WORK TO BE COMPLETED: Pick every line out of the entries below that has the string "exception", and copy it.

(Stored data entries)
■ ■ ■ ■

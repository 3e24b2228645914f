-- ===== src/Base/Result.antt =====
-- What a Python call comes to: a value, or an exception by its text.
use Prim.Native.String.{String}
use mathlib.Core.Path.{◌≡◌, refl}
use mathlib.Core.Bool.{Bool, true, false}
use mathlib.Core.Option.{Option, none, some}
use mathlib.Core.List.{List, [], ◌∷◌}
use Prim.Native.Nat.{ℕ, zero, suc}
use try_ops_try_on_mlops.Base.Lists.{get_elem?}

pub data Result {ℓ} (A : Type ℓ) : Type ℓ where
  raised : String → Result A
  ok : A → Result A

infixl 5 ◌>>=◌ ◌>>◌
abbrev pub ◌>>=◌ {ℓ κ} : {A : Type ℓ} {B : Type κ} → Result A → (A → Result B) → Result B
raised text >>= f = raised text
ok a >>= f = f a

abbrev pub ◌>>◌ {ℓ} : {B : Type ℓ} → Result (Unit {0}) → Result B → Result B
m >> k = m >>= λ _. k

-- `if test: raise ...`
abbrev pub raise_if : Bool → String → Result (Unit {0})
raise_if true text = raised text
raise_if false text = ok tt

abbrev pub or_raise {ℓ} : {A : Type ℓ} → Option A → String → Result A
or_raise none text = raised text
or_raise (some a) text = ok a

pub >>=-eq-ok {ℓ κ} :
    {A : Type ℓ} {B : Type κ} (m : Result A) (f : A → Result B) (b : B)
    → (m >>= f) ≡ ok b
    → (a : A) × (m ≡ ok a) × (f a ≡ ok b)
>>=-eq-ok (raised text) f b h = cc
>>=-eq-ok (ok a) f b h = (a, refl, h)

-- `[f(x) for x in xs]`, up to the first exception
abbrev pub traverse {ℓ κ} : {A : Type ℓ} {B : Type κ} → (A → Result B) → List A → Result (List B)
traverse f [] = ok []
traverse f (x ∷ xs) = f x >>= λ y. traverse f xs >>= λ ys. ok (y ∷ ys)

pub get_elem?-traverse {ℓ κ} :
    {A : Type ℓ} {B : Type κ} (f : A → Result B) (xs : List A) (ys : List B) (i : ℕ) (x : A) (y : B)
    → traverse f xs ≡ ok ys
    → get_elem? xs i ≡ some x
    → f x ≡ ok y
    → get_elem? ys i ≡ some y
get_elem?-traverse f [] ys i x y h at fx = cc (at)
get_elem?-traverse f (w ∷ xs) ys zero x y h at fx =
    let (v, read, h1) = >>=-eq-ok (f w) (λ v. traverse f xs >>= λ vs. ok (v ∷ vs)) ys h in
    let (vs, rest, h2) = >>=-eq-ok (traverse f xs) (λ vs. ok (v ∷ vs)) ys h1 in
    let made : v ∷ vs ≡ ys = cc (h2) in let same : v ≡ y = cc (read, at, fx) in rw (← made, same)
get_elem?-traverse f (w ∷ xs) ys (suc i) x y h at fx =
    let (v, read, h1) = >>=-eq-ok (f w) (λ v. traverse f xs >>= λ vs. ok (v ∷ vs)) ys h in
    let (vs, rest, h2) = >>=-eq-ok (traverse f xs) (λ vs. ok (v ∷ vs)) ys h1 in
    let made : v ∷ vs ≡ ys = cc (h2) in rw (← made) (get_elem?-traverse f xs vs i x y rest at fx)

■ ■ ■ ■

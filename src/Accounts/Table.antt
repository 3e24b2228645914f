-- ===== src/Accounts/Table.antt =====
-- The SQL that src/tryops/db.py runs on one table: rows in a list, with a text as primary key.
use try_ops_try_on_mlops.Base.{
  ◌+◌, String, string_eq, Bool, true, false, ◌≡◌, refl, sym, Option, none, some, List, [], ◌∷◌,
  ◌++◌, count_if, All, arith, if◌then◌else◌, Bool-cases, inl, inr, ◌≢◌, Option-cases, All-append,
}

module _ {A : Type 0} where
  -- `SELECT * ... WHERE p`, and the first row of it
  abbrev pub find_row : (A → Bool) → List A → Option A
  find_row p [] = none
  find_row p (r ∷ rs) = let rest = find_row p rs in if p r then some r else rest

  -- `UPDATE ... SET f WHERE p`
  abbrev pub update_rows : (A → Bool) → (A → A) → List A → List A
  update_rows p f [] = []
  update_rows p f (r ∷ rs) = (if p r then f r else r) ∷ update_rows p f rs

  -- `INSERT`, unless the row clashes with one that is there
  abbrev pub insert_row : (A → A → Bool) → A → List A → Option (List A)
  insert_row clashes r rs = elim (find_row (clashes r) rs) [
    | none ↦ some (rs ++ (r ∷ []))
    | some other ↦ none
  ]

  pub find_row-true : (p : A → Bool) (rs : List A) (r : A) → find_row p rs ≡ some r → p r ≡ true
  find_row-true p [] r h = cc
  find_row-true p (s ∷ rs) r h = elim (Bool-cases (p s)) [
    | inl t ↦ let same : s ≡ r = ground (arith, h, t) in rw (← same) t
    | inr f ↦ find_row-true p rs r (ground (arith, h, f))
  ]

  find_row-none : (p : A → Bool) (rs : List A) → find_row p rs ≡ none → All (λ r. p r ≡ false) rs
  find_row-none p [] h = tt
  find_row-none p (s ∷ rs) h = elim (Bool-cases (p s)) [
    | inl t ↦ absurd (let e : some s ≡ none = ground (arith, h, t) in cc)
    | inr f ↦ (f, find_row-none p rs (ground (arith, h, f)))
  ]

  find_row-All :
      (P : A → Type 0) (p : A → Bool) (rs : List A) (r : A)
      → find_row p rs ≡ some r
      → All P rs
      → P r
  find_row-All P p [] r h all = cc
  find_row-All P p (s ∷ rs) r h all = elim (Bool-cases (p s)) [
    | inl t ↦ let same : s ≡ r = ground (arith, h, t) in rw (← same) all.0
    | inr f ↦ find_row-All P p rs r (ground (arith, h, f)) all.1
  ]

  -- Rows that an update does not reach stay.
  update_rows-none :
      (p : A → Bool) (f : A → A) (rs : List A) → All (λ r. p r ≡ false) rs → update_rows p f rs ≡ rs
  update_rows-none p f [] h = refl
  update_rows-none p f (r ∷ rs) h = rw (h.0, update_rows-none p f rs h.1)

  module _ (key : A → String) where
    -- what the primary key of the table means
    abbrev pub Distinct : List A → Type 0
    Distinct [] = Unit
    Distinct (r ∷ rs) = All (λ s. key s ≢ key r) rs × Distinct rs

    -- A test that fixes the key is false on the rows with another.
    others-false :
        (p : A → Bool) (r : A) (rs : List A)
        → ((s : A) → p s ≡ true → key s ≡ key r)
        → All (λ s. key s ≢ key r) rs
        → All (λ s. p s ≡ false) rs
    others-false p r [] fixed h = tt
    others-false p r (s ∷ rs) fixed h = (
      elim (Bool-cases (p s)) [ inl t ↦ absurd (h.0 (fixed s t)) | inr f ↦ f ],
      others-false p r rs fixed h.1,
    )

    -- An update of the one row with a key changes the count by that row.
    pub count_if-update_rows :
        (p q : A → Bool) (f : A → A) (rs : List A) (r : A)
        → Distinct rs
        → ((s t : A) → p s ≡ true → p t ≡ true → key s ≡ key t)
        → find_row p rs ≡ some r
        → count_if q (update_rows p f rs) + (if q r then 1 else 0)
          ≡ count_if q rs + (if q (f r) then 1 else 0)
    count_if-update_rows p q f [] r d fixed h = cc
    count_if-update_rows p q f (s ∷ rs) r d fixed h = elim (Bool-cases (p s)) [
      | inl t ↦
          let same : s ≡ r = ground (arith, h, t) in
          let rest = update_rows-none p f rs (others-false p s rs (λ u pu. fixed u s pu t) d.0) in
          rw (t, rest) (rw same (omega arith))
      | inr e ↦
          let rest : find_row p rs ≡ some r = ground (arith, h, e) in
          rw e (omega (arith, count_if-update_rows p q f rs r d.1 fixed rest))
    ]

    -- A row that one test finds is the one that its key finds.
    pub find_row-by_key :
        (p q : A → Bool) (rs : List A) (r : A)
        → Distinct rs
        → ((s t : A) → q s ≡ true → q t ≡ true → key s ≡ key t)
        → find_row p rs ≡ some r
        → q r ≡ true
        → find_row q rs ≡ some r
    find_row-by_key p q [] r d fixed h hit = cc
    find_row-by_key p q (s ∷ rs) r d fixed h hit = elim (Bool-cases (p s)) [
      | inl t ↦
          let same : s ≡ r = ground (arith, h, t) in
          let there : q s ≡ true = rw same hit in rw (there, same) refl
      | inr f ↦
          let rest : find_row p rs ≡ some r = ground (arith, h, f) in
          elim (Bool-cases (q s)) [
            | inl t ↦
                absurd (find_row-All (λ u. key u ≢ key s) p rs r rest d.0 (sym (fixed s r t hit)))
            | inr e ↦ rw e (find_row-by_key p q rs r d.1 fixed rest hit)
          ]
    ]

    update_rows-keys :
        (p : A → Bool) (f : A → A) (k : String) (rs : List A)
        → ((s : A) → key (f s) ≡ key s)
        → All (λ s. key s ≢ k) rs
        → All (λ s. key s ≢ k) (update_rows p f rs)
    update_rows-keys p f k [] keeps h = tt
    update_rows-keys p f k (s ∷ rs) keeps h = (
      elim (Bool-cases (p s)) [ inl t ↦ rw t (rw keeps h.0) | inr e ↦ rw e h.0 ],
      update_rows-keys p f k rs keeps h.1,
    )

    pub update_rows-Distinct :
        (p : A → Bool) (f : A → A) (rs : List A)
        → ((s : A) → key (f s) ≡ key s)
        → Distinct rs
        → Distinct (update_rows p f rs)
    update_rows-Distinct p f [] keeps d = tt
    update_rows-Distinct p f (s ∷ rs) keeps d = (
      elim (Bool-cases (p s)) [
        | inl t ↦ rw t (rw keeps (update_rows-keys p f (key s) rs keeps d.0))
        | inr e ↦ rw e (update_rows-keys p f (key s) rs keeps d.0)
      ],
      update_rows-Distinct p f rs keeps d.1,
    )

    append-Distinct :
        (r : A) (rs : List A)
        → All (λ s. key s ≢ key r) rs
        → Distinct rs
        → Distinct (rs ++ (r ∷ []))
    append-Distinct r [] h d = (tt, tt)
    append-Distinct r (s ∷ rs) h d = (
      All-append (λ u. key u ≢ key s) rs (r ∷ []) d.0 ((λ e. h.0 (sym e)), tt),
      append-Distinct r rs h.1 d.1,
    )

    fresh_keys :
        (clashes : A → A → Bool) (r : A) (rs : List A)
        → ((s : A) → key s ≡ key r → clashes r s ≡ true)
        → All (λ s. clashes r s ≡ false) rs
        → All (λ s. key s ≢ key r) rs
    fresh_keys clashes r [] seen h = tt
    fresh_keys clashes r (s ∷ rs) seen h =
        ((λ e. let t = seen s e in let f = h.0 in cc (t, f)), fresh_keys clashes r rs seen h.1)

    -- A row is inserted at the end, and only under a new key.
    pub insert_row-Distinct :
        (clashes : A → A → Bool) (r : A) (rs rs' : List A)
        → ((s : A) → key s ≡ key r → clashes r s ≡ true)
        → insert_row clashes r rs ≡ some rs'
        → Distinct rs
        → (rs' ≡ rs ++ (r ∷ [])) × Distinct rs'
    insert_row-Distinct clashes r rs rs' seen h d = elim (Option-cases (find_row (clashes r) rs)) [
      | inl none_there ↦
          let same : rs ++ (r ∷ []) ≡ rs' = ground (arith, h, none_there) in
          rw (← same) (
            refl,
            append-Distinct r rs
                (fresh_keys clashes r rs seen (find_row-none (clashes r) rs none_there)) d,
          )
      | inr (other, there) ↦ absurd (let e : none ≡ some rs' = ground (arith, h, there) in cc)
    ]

■ ■ ■ ■

RESULT:
-- What a Python call comes to: a value, or an exception by its text.
-- `[f(x) for x in xs]`, up to the first exception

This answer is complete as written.